What's you budget WD? Are you looking for 'proper HiFi'?

Have you looked at the Nain unitiqute? Small, streams music off your network, FM-DAB-internet radio, ipod connection and it's 'proper hifi'. It sounds fantastic!


----------



## 4515 (Jan 30, 2013)

It's not proper hi fi - that's downstairs. It's just for mrs WD to play her stuff. She has my alarm clock currently (Bose cd). I'm looking to use my eBay cash which will be about £400 when the auctions end. I can add to this if needed. Small and ease of use and reasonable sounds are the criteria


----------



## Daren (Jan 16, 2012)

Have you looked at any of the Sonos stuff?

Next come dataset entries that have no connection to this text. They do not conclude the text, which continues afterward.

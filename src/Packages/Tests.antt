-- ===== src/Packages/Tests.antt =====
-- A package with one platform, of which two releases are installed.
use arduino_cli_android.Prelude.{
  true, false, List, [], ◌∷◌, Option, none, some, ◌≡◌, ◌∙◌, assign, delete, refl, Elem, lookup,
  list_beq,
}
use arduino_cli_android.Strings.{Text, codes, split}
use arduino_cli_android.Properties.{PropertiesMap}
use arduino_cli_android.Properties.Ordered.{ordered_properties, text_merge, text_get_ok-merge}
use arduino_cli_android.Fqbn.{Fqbn}
use arduino_cli_android.Packages.Boards.{
  Board, base_properties, entries_of, add_options, get_build_properties,
}
use arduino_cli_android.Packages.{
  Release, Package, Referenced, referred, found, replaces, best_of, get_installed_platform_release,
  determine_referenced_platform_release, determine_by, referred_release, with_referred,
  resolve_fqbn, resolved, resolve_in_package, resolve_board, resolve_reference,
}
use arduino_cli_android.Packages.Installed.{IsNoBetter, get_installed_platform_release-IsNoBetter}
use arduino_cli_android.Packages.Reference.{IsReferenced, determine-IsReferenced}
use arduino_cli_android.Packages.Resolution.{IsResolution, resolve_fqbn-IsResolution}
use arduino_cli_android.Packages.Options.{first_of}
use arduino_cli_android.OrderedMap

abbrev Properties : PropertiesMap
Properties = ordered_properties

abbrev nothing : PropertiesMap.Map Properties
nothing = PropertiesMap.new_map Properties

abbrev of_m328 : PropertiesMap.Map Properties
of_m328 = PropertiesMap.set Properties nothing (codes "build.mcu") (codes "atmega328p")

abbrev uno : Board Properties
uno = record {
  board_id = codes "uno";
  architecture = codes "avr";
  properties = nothing;
  config_options = (codes "cpu", codes "Processor") ∷ [];
  default_config = nothing;
  config_option_properties = (codes "cpu=m328", of_m328) ∷ [];
}

abbrev by_hand : Release (Board Properties)
by_hand = record { address = 1; version = 9; managed = false; boards = (codes "uno", uno) ∷ [] }

abbrev managed_one : Release (Board Properties)
managed_one = record { address = 2; version = 5; managed = true; boards = (codes "uno", uno) ∷ [] }

abbrev arduino : Package (Board Properties)
arduino = record {
  name = codes "arduino";
  platforms = (codes "avr", by_hand ∷ managed_one ∷ []) ∷ [];
}

abbrev known : List (Text × Package (Board Properties))
known = (codes "arduino", arduino) ∷ []

get_installed_platform_release-IsNoBetter_example :
    (best : Release (Board Properties)) × (get_installed_platform_release
        (by_hand ∷ managed_one ∷ [])
      ≡ some best)
    × Elem best (by_hand ∷ managed_one ∷ [])
    × ((other : Release (Board Properties))
        → Elem other (by_hand ∷ managed_one ∷ [])
        → IsNoBetter other best)
get_installed_platform_release-IsNoBetter_example =
    get_installed_platform_release-IsNoBetter by_hand (managed_one ∷ [])

abbrev with_core : Referenced (Board Properties)
with_core = record {
  core = codes "core";
  core_release = managed_one;
  variant = codes "standard";
  variant_release = by_hand;
}

core_of_arduino :
    determine_referenced_platform_release known
      (codes "avr")
      (codes "arduino:core")
      (codes "standard")
      by_hand
    ≡ found with_core
unfolding determine_referenced_platform_release determine_by referred_release with_referred referred
    split lookup list_beq get_installed_platform_release best_of replaces
core_of_arduino = refl

determine-IsReferenced_example :
    IsReferenced known
      (codes "avr")
      by_hand
      (referred (split b':' (codes "arduino:core")))
      (referred (split b':' (codes "standard")))
      with_core
determine-IsReferenced_example =
    determine-IsReferenced known (codes "avr") by_hand (codes "arduino:core") (codes "standard")
      with_core core_of_arduino

abbrev merge :
    PropertiesMap.Map Properties → PropertiesMap.Map Properties → PropertiesMap.Map Properties
merge = text_merge

abbrev fixed : PropertiesMap.Map Properties → Text → Text
fixed m key = codes "arduino"

abbrev as_is : Text → Text
as_is s = s

abbrev wanted : Fqbn Properties
wanted = record {
  vendor = codes "arduino";
  architecture = codes "avr";
  board_id = codes "uno";
  configs = PropertiesMap.set Properties nothing (codes "cpu") (codes "m328");
}

abbrev own : Referenced (Board Properties)
own = record {
  core = codes "arduino";
  core_release = managed_one;
  variant = codes "arduino";
  variant_release = managed_one;
}

-- The properties of the board, and those of the option of the FQBN.
abbrev wanted_properties : PropertiesMap.Map Properties
wanted_properties = merge (base_properties Properties merge as_is uno wanted) of_m328

wanted_resolved :
    resolve_fqbn Properties merge fixed as_is known wanted
    ≡ resolved arduino managed_one uno wanted_properties own
unfolding resolve_fqbn resolve_in_package resolve_board resolve_reference
    determine_referenced_platform_release determine_by referred_release with_referred referred split
    lookup list_beq get_installed_platform_release best_of replaces entries_of add_options
    get_build_properties OrderedMap.get_ok OrderedMap.set OrderedMap.merge OrderedMap.merge_keys
    OrderedMap.clone OrderedMap.new_with_conversion_func OrderedMap.keys OrderedMap.get
    OrderedMap.contains_key OrderedMap.remove OrderedMap.remove_key assign delete
wanted_resolved = refl

merge_law :
    (m n : PropertiesMap.Map Properties) (k : Text)
    → PropertiesMap.get_ok Properties (merge m n) k
      ≡ first_of (PropertiesMap.get_ok Properties n k) (PropertiesMap.get_ok Properties m k)
merge_law m n k = text_get_ok-merge m n k ∙ last_wins (PropertiesMap.get_ok Properties n k)
  where
    last_wins :
        (o : Option Text)
        → elim o [ none ↦ PropertiesMap.get_ok Properties m k | some v ↦ some v ]
          ≡ first_of o (PropertiesMap.get_ok Properties m k)
    last_wins none = refl
    last_wins (some v) = refl

resolve_fqbn-IsResolution_example :
    IsResolution Properties merge fixed as_is known wanted arduino managed_one uno wanted_properties
      own
resolve_fqbn-IsResolution_example =
    resolve_fqbn-IsResolution Properties merge fixed as_is known wanted merge_law arduino
      managed_one uno wanted_properties own wanted_resolved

It may fit the bill?


----------



## 4515 (Jan 30, 2013)

Looked at Sonia and not sure if it's the way I want to go - may have another look


----------



## Daren (Jan 16, 2012)

working dog said:


> Looked at Sonia and not sure if it's the way I want to go - may have another look


Poor Sonia, she made a special effort for you


----------



## 4515 (Jan 30, 2013)

Arrggggghhhhh ! Tap talk auto correct


----------



## Daren (Jan 16, 2012)

working dog said:


> Arrggggghhhhh ! Tap talk auto correct


Just stop! Tap talk!! Is that like tapatalk?


----------



## coffeechops (Dec 23, 2013)

Loads of options:

Cambridge Audio Minx (several versions)

NAD Viso

B&O Beolit12 or A8 (not so keen on this one, bit bass light)

B&W A5 or A7

Beats Audio (can't remember the model, but it sounds pretty good)

Plus of course the Zeppelin.

All of these can either stream from Apple products or via bluetooth, so if she can use the phone to play audio, it's just the same...

C


----------



## 4515 (Jan 30, 2013)

Daren said:


> Just stop! Tap talk!! Is that like tapatalk?


Very similar - it's the version that pedants avoid ;o)


----------



## shrink (Nov 12, 2012)

how much are you after for the cd7? and what finish is it?


----------



## 4515 (Jan 30, 2013)

shrink said:


> how much are you after for the cd7? and what finish is it?


Its on the bay now. Currently up to £175 with a day to go. Ive just had a question about posting to France

Its a black one


----------



## Barry Cook (Feb 14, 2012)

I've got a Bose Sound Dock for the iPod which we use in the shop. Cost us about £150 from HMV a couple of years ago. Fair enough, it's outdone sound wise by a half-decent separate system, which I have at home, but it does a perfect job for what we need it for. Remote control as well.

It charges the iPod whilst playing back, and you can buy an adaptor lead to connect the latest Apple gadgets.


----------



## Charliej (Feb 25, 2012)

Bose are a triumph of marketing over substance( an old pro audio in joke " No Highs No Lows Must be Bose", at a reasonable price and nice to look at for me it would have to the Zeppelin.


----------



## 4515 (Jan 30, 2013)

I may be going in a different direction now. Last time this happened, I was planning to build a Westfield kit car and ended up buying Mrs WD a new car.

Ive been thinking about what the Bose wave is used for in the bedroom and its pretty much an alarm clock waking me up to DAB radio.

I'm now thinking that I buy a DAB radio alarm and she has the Bose in her office full time. This way I then buy a new ipod classic as my touch is filling up


----------



## Dylan (Dec 5, 2011)

Do you have a fair few apple devices? If so iCloud may well be worth an investment, you can then access any of the music you own on any of your devices. You would then just need to add speakers to any apple device you have.


----------